Our finding that females had more fall accidents than males is consistent with previous Korean and Western studies [
4,
11,
14,
15]. The differences in muscle strength levels may contribute to the high rate of falls in women. The loss of lower body strength is strongly associated with increasing risk of fall accidents [
19,
20]. Previous Western studies have suggested that men have greater lower body strength than women [
19,
20,
21] and, thus, males were at a relatively lower risk of falls compared to women. Unfortunately, the KCHS is based on interviews and does not include physiological measures, such as muscle strength, difference in gate, or knee action; therefore, we were not able to test the gender difference in relation to physiological functions. A possible explanation is that a high risk of falls in women was associated with osteoporosis [
22]. Our finding supports the fact that women were at a higher risk of osteoporosis than men (OR, 8.28; 95% CI, 7.33–9.36). However, future research is needed to clarify the relationship between gender difference and risk of fall accidents.
Between 2008 and 2013, the proportion of people experiencing more than 2 fall accidents in a 12-month period has consistently increased, and people suffering more than 2 fall accidents felt more fear of falling than non-fallers (OR, 2.97; 95% CI, 2.83–3.10). A previous study suggested that 46% of healthy older people were afraid of falling, and 56% of them curtailed daily activities due to their fear [
23]. Reduced physical capacity can also increase the risk of falls [
19,
20]. Thus, with the trend of multiple fall accidents increasing along with their fear of falling, community dwelling Korean people are expected to be at a greater risk of potential falls than previously.
Various fall prevention programs showed their effectiveness at preventing fall accidents, such as multiple-component group exercise, assessment and multifactorial intervention, and home modification [
24]. Also, various fall prevention programs and interventions have been established in Korea [
25]. Despite these efforts, the fall incidence rate has increased since 2008. Fall accidents can cause severe injuries (or even death), as well as causing an increased social burden [
1]. As the Korean population ages, fall accidents are expected to increase.

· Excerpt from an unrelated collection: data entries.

-- ===== src/Domain.antt =====
-- `build_domain_report` of src/odoo_mcp/agent_tools.py: a search domain from structured conditions.
pub mod Meaning
pub mod Complete
mod Tests
use mcp_odoo.Prelude.{
  ℕ, zero, suc, ◌+◌, String, Bool, true, false, not, ◌&&◌, ◌||◌, Option, none, some, List, [], ◌∷◌,
  ◌++◌, str_eq, if◌then◌else◌, length,
}
use mcp_odoo.Prelude.Dict.{contains}
use mcp_odoo.Prelude.Result.{Result, ok, err}
use mcp_odoo.Prelude.Text.{strip, lower}
use mcp_odoo.Json.{Value, list, Fields, get_field, get_or_null}
use mcp_odoo.Write.Approvals.{text_at}
use mcp_odoo.Write.Host.{Host}

pub data DomainIssue : Type 0 where
  missing_field : ℕ → DomainIssue
  invalid_operator unknown_field operator_requires_list : String → DomainIssue
  invalid_logical_operator : DomainIssue

-- `[field, operator, value]`
pub record Condition : Type 0 where
  pub name : String
  pub operator : String
  pub value : Value

-- an element of a domain
pub data Term : Type 0 where
  or_sign : Term
  leaf : Condition → Term

-- `SAFE_DOMAIN_OPERATORS`
abbrev pub safe_domain_operators : List String
safe_domain_operators =
    "=" ∷ "!=" ∷ ">" ∷ ">=" ∷ "<" ∷ "<=" ∷ "in" ∷ "not in" ∷ "like" ∷ "not like" ∷ "ilike"
    ∷ "not ilike" ∷ "=like" ∷ "=ilike" ∷ "child_of" ∷ "parent_of" ∷ []

-- `fields_metadata is not None and field not in fields_metadata`
unfoldable pub is_unknown : Option Fields → String → Bool
is_unknown none name = false
is_unknown (some metadata) name = elim (get_field name metadata) [ none ↦ true | some _ ↦ false ]

abbrev pub is_list : Value → Bool
is_list (list vs) = true
is_list _ = false

-- one round of the loop over the conditions
unfoldable pub check_condition : Host → Option Fields → ℕ → Fields → Result DomainIssue Condition
check_condition host metadata index condition =
    let name = strip (text_at host "field" condition) in
    let operator = strip (text_at host "operator" condition) in
    let value = get_or_null "value" condition in
    if str_eq name ""
    then err (missing_field index)
    else if not (contains safe_domain_operators operator)
    then err (invalid_operator operator)
    else if is_unknown metadata name
    then err (unknown_field name)
    else if (str_eq operator "in" || str_eq operator "not in") && not (is_list value)
    then err (operator_requires_list operator)
    else ok (record { name = name; operator = operator; value = value })

-- the loop: the issues, and the normalised conditions
unfoldable pub check_conditions :
    Host → Option Fields → ℕ → List Fields → List DomainIssue × List Condition
check_conditions host metadata index [] = ([], [])
check_conditions host metadata index (condition ∷ conditions) =
    let (issues, kept) = check_conditions host metadata (index + 1) conditions in
    elim (check_condition host metadata index condition) [
      | err issue ↦ (issue ∷ issues, kept)
      | ok c ↦ (issues, c ∷ kept)
    ]

abbrev pub leaves : List Condition → List Term
leaves [] = []
leaves (c ∷ cs) = leaf c ∷ leaves cs

-- `["|"] * n`
abbrev pub or_signs : ℕ → List Term
or_signs zero = []
or_signs (suc n) = or_sign ∷ or_signs n

-- the domain of the normalised conditions
unfoldable pub domain_of : String → List Condition → List Term
domain_of operator_name [] = []
domain_of operator_name (c ∷ cs) =
    if str_eq operator_name "or" then or_signs (length cs) ++ leaves (c ∷ cs) else leaves (c ∷ cs)

pub record DomainReport : Type 0 where
  pub success : Bool
  pub domain : List Term
  pub conditions : List Condition
  pub issues : List DomainIssue

abbrev pub no_issues : List DomainIssue → Bool
no_issues [] = true
no_issues (i ∷ is) = false

-- `build_domain_report`; each of its issues is an error
unfoldable pub build_domain_report : Host → List Fields → String → Option Fields → DomainReport
build_domain_report host conditions logical_operator metadata =
    let (issues, kept) = check_conditions host metadata 0 conditions in
    let operator_name = lower (strip logical_operator) in
    let all_issues =
      if str_eq operator_name "and" || str_eq operator_name "or"
      then issues
      else issues ++ invalid_logical_operator ∷ [] in
    record {
      success = no_issues all_issues;
      domain = domain_of operator_name kept;
      conditions = kept;
      issues = all_issues;
    }
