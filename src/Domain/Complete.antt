-- ===== src/Domain/Complete.antt =====
-- A domain that is reported as a success leaves no condition out, and holds only checked ones.
use mathlib.Core.Path.{subst}
use mcp_odoo.Prelude.{
  ℕ, ◌+◌, String, ◌≡◌, refl, ◌⊎◌, inl, inr, Bool, true, false, not, ◌&&◌, ◌||◌, Option, List, [],
  ◌∷◌, ◌++◌, arith, str_eq, if◌then◌else◌, length, All,
}
use mcp_odoo.Prelude.Dict.{contains}
use mcp_odoo.Prelude.Result.{Result, ok, err}
use mcp_odoo.Prelude.Text.{strip, lower}
use mcp_odoo.Json.{Fields, get_or_null}
use mcp_odoo.Write.Host.{Host}
use mcp_odoo.Write.Approvals.{text_at}
use mcp_odoo.Domain.{
  DomainIssue, missing_field, invalid_operator, unknown_field, operator_requires_list,
  invalid_logical_operator, Condition, safe_domain_operators, is_unknown, is_list, check_condition,
  check_conditions, no_issues, build_domain_report,
}

-- a condition on a field that the model has, if its fields are known, with an allowed operator,
-- which has a list where it needs one
pub record IsSafe (metadata : Option Fields) (c : Condition) : Type 0 where
  pub named : str_eq c.name "" ≡ false
  pub allowed : contains safe_domain_operators c.operator ≡ true
  pub known : is_unknown metadata c.name ≡ false
  pub listed :
      ((str_eq c.operator "in" || str_eq c.operator "not in") ≡ false) ⊎ (is_list c.value ≡ true)

no_issues-length :
    (issues : List DomainIssue) (valid : Bool)
    → no_issues (if valid then issues else issues ++ invalid_logical_operator ∷ []) ≡ true
    → length issues ≡ 0
no_issues-length [] valid h = refl
no_issues-length (i ∷ is) true h = cc
no_issues-length (i ∷ is) false h = cc

-- what follows from each test that was passed
passed :
    (a b c d l : Bool) (i j k m : DomainIssue) (x y : Condition)
    → (if a
        then err i
        else if not b
        then err j
        else if c
        then err k
        else if d && not l
        then err m
        else ok x)
      ≡ ok y
    → (a ≡ false) × (b ≡ true) × (c ≡ false) × ((d ≡ false) ⊎ (l ≡ true)) × (x ≡ y)
passed true b c d l i j k m x y h = cc
passed false false c d l i j k m x y h = cc
passed false true true d l i j k m x y h = cc
passed false true false true false i j k m x y h = cc
passed false true false true true i j k m x y h = (refl, refl, refl, inr refl, cc)
passed false true false false l i j k m x y h = (refl, refl, refl, inl refl, cc)

module _ (host : Host) (metadata : Option Fields) where
  check_condition-IsSafe :
      (index : ℕ) (condition : Fields) (c : Condition)
      → check_condition host metadata index condition ≡ ok c
      → IsSafe metadata c
  unfolding check_condition
  check_condition-IsSafe index condition c h =
      let name = strip (text_at host "field" condition) in
      let operator = strip (text_at host "operator" condition) in
      let value = get_or_null "value" condition in
      let (named, allowed, known, listed, same) =
        passed (str_eq name "") (contains safe_domain_operators operator) (is_unknown metadata name)
          (str_eq operator "in" || str_eq operator "not in") (is_list value) (missing_field index)
          (invalid_operator operator) (unknown_field name) (operator_requires_list operator)
          (record { name = name; operator = operator; value = value }) c h in
      subst (IsSafe metadata) same
        (record { named = named; allowed = allowed; known = known; listed = listed })

  check_conditions-IsSafe :
      (index : ℕ) (conditions : List Fields)
      → All (IsSafe metadata) (check_conditions host metadata index conditions).1
  unfolding check_conditions
  check_conditions-IsSafe index [] = tt
  check_conditions-IsSafe index (condition ∷ conditions) =
      go (check_condition host metadata index condition) refl
        (check_conditions-IsSafe (index + 1) conditions)
    where
      go :
          (checked : Result DomainIssue Condition)
          → check_condition host metadata index condition ≡ checked
          → All (IsSafe metadata) (check_conditions host metadata (index + 1) conditions).1
          → All
              (IsSafe metadata)
              (elim checked as (λ _. List DomainIssue × List Condition) [
                | err issue ↦ (
                  issue ∷ (check_conditions host metadata (index + 1) conditions).0,
                  (check_conditions host metadata (index + 1) conditions).1,
                )
                | ok c ↦ (
                  (check_conditions host metadata (index + 1) conditions).0,
                  c ∷ (check_conditions host metadata (index + 1) conditions).1,
                )
              ]).1
      go (err issue) e rest = rest
      go (ok c) e rest = (check_condition-IsSafe index condition c e, rest)

  length-check_conditions :
      (index : ℕ) (conditions : List Fields)
      → length (check_conditions host metadata index conditions).0
          + length (check_conditions host metadata index conditions).1
        ≡ length conditions
  unfolding check_conditions
  length-check_conditions index [] = omega arith
  length-check_conditions index (condition ∷ conditions) =
      ground (arith, length-check_conditions (index + 1) conditions)

  -- Each condition of a report, whether it is a success or not, has a name, which the model has if its
  -- fields are known, an allowed operator, and a list where the operator needs one.
  pub build_domain_report-IsSafe :
      (conditions : List Fields) (operator : String)
      → All (IsSafe metadata) (build_domain_report host conditions operator metadata).conditions
  unfolding build_domain_report
  build_domain_report-IsSafe conditions operator = check_conditions-IsSafe 0 conditions

  -- A report of success keeps every condition that was given.
  pub length-build_domain_report :
      (conditions : List Fields) (operator : String)
      → (build_domain_report host conditions operator metadata).success ≡ true
      → length (build_domain_report host conditions operator metadata).conditions
        ≡ length conditions
  unfolding build_domain_report
  length-build_domain_report conditions operator h = omega (
    arith,
    length-check_conditions 0 conditions,
    no_issues-length (check_conditions host metadata 0 conditions).0
        (str_eq (lower (strip operator)) "and" || str_eq (lower (strip operator)) "or") h,
  )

Due to the multifactorial characteristics of effective fall prevention programs (i.e., general medical assessment focusing on fall risks, fall history, medication intake, and the use of assistive devices) [
26], individuals may not benefit from a fall prevention program without comprehensive social support. Thus, Korean society may need to establish a systematic social support system to prevent fall accidents.
This study has several limitations. Firstly, questions from each dataset concerning fall accidents and related information were not consistent each year, except for the number of fall accidents. For example, between 2008 and 2010, falls were defined as having at least1 fall that required seeking medical treatment in the past year; however, since 2011, the KCHS has asked more comprehensive questions about fall accidents, both those requiring and not requiring medical treatment. In addition, some questions, such as reasons for falls, location of falls, fear of falling, and activities when falls occurred, were limited in a specific year. For these reasons, we were not able to test their trends. Therefore, the KCHS should include consistent questions about fall accidents in order to track stable trends. Secondly, the high increase in incidence rates between 2010 and 2011 could be a function of inconsistent questioning concerning fall accidents in the KCHS, such as the model of questioning regarding fall accidents. Therefore, the incidence rates after 2011 and 2013 could be inflated, compared to the incidence rates in 2008, 2009, and 2010. Finally, the KCHS does not include people in medical hospitals, skilled nursing facilities, and military facilities, so the results of similar analysis among those groups may differ.